» DIRECTIONS: Your answer should be the exact lines of the data below from the one containing "a.group_id == group" through the one containing "record_group_exposures lab i group raw today = do"; please include nothing else.

» MATERIAL FOR THIS TASK:
========================

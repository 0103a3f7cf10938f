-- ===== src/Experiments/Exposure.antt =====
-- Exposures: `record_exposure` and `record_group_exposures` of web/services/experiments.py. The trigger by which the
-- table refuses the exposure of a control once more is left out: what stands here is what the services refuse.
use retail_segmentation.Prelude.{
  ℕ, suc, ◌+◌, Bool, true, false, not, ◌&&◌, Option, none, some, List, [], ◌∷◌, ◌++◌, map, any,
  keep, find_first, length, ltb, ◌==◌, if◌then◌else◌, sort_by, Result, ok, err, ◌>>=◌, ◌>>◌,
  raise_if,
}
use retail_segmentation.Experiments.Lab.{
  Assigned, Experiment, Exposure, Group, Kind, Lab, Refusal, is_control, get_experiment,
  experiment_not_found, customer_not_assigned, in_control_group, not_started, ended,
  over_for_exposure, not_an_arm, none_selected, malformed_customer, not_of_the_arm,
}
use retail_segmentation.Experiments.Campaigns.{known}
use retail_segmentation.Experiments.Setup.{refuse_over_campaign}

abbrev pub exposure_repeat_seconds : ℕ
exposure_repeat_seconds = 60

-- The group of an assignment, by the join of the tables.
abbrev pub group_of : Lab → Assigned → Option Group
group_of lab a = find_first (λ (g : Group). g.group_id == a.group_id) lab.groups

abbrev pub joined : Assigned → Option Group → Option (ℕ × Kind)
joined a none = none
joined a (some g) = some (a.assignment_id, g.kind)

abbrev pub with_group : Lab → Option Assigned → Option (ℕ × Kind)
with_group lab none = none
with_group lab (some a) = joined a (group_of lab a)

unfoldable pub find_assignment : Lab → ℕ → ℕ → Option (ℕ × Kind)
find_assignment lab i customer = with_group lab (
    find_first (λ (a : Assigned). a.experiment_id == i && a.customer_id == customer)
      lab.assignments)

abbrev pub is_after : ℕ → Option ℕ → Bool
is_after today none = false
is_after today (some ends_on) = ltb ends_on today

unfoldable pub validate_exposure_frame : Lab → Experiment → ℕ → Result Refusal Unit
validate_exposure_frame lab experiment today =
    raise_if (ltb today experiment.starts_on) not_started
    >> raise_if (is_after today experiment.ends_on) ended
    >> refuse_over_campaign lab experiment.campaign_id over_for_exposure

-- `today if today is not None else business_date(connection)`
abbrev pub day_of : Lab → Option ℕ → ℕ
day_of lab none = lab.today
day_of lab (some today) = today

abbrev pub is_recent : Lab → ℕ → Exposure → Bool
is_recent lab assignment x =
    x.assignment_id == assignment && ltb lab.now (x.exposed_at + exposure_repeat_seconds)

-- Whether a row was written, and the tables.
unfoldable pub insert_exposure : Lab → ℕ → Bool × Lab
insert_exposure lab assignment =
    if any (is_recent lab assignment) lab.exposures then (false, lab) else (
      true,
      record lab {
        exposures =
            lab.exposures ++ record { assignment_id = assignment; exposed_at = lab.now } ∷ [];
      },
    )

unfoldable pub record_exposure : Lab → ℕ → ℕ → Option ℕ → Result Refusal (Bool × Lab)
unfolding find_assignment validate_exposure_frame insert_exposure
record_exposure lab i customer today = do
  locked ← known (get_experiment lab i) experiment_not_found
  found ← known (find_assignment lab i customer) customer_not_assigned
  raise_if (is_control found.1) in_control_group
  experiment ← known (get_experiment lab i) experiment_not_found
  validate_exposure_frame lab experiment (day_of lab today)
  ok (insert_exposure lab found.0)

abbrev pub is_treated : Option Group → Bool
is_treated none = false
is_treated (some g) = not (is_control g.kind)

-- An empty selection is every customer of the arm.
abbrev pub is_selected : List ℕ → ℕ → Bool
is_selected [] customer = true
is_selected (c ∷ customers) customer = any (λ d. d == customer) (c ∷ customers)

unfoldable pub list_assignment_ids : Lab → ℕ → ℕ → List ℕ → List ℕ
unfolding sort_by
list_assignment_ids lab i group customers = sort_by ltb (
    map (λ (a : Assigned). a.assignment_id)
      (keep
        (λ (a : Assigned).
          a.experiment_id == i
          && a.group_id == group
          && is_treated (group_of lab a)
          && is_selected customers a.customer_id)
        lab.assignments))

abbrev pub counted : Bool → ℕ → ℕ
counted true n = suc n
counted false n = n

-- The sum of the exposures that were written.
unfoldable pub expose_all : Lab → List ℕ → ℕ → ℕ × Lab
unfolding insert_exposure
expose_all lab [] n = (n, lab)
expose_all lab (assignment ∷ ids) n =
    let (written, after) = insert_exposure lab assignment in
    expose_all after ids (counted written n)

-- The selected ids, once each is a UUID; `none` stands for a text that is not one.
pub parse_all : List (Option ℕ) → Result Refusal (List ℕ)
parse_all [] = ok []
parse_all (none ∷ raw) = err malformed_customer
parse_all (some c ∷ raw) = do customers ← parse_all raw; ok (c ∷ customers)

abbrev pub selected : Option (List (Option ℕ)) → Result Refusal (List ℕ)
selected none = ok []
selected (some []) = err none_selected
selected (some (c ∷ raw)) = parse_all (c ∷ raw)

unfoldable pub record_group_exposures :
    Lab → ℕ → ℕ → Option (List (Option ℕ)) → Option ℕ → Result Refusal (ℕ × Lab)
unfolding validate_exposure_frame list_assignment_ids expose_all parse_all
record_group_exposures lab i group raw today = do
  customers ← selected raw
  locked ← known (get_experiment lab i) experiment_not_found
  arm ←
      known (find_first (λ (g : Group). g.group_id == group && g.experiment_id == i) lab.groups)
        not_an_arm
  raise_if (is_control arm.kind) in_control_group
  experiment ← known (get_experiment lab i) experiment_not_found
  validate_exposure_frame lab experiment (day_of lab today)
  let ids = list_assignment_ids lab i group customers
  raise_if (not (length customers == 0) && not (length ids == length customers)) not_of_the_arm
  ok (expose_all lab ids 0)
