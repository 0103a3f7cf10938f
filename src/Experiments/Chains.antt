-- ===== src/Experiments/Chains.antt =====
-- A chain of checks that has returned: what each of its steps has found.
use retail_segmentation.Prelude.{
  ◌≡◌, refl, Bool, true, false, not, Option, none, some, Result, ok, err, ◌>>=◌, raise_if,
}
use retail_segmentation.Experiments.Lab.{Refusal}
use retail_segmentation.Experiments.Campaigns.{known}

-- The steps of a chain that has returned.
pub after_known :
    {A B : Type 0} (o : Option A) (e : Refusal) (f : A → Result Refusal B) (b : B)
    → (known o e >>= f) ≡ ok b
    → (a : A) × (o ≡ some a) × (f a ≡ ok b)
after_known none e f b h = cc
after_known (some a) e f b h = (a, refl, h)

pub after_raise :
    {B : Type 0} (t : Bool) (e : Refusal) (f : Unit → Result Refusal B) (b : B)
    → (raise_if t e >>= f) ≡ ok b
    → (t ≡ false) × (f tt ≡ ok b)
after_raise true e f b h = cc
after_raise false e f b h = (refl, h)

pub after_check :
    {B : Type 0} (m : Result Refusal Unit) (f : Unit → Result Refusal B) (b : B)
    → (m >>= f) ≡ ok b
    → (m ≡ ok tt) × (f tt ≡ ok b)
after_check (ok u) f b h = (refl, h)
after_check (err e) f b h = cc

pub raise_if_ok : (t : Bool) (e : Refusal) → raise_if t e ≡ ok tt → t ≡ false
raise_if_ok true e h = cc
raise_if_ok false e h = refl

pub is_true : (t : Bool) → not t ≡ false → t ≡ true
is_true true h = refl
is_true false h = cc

========================

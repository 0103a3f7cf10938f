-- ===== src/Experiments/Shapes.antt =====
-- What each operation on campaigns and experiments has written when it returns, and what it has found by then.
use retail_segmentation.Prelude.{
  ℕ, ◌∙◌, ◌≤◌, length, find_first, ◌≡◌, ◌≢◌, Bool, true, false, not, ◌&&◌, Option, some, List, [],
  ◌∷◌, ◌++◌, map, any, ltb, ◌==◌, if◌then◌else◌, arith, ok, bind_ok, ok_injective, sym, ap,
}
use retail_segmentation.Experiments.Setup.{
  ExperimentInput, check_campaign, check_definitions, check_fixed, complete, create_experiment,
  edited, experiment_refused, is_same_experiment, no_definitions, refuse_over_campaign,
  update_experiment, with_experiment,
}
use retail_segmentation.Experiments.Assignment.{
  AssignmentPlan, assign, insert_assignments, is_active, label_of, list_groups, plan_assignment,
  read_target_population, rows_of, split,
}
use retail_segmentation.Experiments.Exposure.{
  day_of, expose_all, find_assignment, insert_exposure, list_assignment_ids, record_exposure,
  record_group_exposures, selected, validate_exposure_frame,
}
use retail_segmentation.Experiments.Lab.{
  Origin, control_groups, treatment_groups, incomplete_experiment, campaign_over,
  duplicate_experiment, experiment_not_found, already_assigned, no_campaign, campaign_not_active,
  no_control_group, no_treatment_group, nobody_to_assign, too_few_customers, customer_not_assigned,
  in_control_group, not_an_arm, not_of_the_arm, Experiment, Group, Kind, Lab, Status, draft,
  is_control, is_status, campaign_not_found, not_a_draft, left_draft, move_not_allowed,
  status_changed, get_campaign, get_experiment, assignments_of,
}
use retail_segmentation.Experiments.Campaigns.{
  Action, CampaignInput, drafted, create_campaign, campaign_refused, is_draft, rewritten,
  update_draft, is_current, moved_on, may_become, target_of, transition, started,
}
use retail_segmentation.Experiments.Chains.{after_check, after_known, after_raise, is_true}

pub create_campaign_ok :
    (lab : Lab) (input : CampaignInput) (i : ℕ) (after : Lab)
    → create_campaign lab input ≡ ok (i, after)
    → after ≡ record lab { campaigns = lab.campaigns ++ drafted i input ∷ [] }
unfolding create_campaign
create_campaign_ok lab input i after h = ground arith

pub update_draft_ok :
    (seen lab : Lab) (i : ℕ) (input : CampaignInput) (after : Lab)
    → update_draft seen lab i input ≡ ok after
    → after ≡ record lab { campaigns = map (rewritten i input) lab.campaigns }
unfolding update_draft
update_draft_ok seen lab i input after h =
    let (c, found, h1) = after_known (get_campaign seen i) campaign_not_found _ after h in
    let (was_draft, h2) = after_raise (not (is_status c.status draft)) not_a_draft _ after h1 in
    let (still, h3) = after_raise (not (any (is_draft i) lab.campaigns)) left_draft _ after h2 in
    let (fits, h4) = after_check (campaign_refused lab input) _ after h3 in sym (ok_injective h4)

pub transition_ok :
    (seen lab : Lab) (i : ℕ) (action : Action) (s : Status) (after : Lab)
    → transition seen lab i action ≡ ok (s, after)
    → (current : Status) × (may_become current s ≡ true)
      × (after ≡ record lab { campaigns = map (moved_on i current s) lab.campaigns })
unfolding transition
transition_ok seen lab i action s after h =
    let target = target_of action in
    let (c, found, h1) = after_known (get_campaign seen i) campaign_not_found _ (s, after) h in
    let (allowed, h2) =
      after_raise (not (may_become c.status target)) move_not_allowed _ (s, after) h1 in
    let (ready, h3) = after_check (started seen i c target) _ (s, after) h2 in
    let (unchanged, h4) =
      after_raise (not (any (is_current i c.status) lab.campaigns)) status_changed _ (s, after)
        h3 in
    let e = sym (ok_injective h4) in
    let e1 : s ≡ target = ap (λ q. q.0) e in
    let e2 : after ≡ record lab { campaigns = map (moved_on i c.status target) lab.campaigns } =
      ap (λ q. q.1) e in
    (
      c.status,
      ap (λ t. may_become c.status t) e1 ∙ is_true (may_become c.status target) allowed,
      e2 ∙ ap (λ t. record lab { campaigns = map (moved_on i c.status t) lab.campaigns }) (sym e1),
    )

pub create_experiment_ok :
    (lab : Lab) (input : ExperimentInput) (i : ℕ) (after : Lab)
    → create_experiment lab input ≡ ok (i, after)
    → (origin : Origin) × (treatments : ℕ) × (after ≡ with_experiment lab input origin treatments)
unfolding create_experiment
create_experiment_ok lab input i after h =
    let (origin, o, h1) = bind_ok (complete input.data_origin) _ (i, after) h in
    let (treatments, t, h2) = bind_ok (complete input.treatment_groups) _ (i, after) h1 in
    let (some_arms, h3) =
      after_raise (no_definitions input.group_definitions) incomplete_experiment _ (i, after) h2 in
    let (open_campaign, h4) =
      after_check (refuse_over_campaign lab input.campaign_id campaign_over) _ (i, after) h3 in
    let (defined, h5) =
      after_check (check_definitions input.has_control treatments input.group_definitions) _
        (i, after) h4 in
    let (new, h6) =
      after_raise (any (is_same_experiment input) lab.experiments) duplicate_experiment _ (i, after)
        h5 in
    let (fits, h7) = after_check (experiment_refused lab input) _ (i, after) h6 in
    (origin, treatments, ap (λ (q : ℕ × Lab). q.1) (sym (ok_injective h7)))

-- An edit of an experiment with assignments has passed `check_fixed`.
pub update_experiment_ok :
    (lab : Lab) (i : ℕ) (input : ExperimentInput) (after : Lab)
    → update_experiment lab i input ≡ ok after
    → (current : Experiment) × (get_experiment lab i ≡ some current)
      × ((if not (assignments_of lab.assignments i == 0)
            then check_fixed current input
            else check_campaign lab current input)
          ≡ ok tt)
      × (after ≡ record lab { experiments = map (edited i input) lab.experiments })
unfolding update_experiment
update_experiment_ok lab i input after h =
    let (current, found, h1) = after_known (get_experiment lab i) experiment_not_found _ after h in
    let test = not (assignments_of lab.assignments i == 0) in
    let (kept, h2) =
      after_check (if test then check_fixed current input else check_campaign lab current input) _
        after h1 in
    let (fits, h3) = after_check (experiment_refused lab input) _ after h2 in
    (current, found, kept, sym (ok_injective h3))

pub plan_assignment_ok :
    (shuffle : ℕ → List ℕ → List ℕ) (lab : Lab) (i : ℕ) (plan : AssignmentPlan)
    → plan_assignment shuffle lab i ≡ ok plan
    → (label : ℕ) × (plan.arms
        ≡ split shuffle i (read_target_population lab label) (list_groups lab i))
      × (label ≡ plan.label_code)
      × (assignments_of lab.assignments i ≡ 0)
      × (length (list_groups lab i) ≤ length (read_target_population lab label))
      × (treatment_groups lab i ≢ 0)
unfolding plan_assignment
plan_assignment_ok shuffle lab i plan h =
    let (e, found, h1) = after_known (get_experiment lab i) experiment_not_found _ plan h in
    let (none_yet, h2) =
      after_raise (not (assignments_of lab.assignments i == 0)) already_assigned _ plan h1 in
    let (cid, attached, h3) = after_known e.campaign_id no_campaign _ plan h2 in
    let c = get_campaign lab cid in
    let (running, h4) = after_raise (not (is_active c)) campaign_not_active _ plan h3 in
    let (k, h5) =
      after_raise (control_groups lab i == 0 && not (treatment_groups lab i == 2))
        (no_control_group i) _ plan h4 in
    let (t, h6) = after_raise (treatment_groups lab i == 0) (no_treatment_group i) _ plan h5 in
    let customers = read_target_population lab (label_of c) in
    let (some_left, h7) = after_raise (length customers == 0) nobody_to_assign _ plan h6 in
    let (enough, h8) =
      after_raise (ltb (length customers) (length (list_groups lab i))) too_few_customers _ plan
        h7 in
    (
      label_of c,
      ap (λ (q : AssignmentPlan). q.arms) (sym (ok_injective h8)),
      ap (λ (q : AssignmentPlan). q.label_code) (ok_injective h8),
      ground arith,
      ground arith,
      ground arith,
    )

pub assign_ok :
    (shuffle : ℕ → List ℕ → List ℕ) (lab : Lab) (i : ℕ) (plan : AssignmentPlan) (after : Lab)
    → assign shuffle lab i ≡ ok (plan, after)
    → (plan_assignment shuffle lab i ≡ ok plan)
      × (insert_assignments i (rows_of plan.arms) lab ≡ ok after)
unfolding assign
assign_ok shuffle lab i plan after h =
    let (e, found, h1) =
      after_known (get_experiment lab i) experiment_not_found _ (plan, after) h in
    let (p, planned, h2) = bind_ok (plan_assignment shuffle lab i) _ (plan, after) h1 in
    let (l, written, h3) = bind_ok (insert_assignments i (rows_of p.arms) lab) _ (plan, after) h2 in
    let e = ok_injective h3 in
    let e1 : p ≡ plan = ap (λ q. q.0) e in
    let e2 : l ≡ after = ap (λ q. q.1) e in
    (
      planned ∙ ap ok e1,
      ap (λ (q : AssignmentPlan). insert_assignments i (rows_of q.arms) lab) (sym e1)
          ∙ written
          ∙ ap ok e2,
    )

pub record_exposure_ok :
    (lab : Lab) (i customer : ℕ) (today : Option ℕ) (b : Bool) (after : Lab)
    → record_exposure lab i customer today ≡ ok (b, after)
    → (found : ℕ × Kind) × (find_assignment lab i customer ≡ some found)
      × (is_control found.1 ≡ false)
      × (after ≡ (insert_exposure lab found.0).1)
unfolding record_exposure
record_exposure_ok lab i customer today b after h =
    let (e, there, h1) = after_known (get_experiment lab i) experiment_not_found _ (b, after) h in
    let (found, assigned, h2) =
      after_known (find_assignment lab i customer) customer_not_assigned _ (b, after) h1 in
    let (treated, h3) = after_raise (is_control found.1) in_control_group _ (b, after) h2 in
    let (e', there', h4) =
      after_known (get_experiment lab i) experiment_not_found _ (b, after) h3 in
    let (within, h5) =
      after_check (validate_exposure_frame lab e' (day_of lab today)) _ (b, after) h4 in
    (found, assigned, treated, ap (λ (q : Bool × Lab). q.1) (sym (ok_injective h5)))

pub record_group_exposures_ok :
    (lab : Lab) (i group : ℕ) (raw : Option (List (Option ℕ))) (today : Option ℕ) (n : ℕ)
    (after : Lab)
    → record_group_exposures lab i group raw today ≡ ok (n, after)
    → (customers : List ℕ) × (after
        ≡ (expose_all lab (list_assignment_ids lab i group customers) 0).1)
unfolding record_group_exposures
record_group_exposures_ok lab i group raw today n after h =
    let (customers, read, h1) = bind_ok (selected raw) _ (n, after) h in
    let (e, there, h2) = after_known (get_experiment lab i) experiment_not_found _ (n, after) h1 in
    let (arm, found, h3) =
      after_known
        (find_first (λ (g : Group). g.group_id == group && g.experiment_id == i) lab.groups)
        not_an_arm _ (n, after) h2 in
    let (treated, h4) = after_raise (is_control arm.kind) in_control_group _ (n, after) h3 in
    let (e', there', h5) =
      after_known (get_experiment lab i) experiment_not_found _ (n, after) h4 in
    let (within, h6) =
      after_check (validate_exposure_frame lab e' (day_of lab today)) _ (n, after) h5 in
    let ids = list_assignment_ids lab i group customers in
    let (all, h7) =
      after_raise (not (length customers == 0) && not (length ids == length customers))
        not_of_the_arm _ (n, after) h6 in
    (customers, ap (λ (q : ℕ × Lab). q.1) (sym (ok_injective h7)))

========================

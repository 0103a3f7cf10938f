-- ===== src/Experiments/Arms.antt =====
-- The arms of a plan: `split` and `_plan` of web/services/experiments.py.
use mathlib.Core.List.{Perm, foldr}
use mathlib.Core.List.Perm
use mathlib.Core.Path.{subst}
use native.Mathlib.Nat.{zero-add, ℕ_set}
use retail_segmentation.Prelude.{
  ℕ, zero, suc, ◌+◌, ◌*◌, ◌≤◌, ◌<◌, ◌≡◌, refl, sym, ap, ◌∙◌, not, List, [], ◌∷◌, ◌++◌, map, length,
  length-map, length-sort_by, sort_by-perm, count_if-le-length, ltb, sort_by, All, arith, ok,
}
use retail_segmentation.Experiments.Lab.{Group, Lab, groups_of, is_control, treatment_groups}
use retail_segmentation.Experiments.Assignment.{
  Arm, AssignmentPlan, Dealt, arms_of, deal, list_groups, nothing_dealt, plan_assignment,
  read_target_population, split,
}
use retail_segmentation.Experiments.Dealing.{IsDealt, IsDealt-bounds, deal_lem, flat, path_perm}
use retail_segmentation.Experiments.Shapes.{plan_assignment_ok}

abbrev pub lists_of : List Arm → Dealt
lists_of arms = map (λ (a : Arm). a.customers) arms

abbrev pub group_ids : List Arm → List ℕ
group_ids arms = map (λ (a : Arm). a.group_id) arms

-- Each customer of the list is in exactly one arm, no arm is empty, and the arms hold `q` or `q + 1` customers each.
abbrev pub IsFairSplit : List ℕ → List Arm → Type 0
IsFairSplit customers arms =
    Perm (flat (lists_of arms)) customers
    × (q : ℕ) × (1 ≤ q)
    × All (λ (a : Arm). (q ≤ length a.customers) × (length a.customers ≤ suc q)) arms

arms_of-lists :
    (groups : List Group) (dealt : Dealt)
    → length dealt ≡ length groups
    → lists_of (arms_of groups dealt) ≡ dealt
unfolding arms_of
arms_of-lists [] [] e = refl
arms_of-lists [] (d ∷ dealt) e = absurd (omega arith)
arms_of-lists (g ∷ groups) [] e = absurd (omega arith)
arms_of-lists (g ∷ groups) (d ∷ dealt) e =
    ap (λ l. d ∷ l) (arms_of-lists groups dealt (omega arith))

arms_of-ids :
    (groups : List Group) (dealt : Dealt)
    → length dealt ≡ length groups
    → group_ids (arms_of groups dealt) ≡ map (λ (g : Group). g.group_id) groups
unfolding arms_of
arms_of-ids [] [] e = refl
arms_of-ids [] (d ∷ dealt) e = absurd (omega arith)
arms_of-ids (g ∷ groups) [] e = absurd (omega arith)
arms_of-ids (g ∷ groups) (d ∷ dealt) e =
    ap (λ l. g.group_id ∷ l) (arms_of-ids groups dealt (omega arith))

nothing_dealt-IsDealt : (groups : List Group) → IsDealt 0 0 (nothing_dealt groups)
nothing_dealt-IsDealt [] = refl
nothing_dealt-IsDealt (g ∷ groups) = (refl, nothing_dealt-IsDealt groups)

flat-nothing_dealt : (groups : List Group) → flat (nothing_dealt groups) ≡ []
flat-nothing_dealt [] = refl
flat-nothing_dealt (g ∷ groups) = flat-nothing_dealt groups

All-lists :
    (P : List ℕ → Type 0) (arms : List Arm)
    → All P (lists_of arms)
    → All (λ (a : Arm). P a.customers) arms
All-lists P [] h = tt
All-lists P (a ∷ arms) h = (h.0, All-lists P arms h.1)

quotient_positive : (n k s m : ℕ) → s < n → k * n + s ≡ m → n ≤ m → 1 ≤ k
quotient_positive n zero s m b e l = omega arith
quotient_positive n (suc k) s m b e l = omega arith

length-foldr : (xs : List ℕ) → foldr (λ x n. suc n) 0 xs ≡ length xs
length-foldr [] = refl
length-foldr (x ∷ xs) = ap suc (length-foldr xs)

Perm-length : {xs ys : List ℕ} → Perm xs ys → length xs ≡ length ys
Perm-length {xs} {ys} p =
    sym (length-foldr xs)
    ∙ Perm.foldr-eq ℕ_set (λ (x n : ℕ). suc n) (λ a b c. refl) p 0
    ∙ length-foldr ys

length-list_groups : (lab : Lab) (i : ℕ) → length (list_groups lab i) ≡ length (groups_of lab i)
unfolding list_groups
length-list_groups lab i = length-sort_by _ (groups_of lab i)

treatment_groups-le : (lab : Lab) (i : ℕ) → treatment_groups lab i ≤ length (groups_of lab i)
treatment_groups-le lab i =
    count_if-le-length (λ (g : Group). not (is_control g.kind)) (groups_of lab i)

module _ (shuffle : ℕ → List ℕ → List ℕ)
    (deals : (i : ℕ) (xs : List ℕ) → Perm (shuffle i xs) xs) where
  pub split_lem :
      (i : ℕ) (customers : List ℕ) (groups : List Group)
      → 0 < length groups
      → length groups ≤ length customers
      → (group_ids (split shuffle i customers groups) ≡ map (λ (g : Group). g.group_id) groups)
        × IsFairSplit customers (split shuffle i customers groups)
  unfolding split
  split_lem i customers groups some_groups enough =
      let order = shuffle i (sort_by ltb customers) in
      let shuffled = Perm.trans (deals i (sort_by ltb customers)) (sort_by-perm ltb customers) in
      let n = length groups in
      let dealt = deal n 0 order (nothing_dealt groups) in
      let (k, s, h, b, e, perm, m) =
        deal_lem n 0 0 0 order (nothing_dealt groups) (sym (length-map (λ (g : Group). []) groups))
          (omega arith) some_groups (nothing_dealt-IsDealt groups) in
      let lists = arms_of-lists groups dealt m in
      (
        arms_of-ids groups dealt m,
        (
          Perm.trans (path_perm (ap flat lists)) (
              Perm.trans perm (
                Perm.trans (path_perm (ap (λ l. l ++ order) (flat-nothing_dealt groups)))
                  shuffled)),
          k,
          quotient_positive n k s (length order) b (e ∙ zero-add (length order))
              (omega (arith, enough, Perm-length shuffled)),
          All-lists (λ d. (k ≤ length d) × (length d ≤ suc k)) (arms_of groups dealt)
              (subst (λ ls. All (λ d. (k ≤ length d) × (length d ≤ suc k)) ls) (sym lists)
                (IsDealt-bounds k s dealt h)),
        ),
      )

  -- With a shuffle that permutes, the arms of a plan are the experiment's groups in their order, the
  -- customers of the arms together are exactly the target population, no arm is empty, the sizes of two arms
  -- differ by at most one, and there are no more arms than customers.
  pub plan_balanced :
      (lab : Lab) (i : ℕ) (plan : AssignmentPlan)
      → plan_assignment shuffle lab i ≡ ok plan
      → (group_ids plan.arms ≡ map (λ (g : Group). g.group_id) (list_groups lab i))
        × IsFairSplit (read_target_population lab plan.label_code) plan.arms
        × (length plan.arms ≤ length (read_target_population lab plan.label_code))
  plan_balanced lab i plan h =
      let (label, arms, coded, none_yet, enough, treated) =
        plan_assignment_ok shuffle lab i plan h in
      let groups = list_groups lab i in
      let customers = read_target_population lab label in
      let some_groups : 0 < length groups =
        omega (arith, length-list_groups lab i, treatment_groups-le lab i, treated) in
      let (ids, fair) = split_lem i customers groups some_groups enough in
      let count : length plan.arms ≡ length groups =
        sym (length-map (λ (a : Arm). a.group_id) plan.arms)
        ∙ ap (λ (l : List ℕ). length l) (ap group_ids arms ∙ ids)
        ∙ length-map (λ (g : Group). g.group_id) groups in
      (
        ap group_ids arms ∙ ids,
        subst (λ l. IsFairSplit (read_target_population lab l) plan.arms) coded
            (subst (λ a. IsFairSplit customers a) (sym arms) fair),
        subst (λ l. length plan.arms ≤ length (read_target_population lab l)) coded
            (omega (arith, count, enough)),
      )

========================

» OUTPUT OF THE TASK:
          && a.group_id == group
          && is_treated (group_of lab a)
          && is_selected customers a.customer_id)
        lab.assignments))

abbrev pub counted : Bool → ℕ → ℕ
counted true n = suc n
counted false n = n

-- The sum of the exposures that were written.
unfoldable pub expose_all : Lab → List ℕ → ℕ → ℕ × Lab
unfolding insert_exposure
expose_all lab [] n = (n, lab)
expose_all lab (assignment ∷ ids) n =
    let (written, after) = insert_exposure lab assignment in
    expose_all after ids (counted written n)

-- The selected ids, once each is a UUID; `none` stands for a text that is not one.
pub parse_all : List (Option ℕ) → Result Refusal (List ℕ)
parse_all [] = ok []
parse_all (none ∷ raw) = err malformed_customer
parse_all (some c ∷ raw) = do customers ← parse_all raw; ok (c ∷ customers)

abbrev pub selected : Option (List (Option ℕ)) → Result Refusal (List ℕ)
selected none = ok []
selected (some []) = err none_selected
selected (some (c ∷ raw)) = parse_all (c ∷ raw)

unfoldable pub record_group_exposures :
    Lab → ℕ → ℕ → Option (List (Option ℕ)) → Option ℕ → Result Refusal (ℕ × Lab)
unfolding validate_exposure_frame list_assignment_ids expose_all parse_all
record_group_exposures lab i group raw today = do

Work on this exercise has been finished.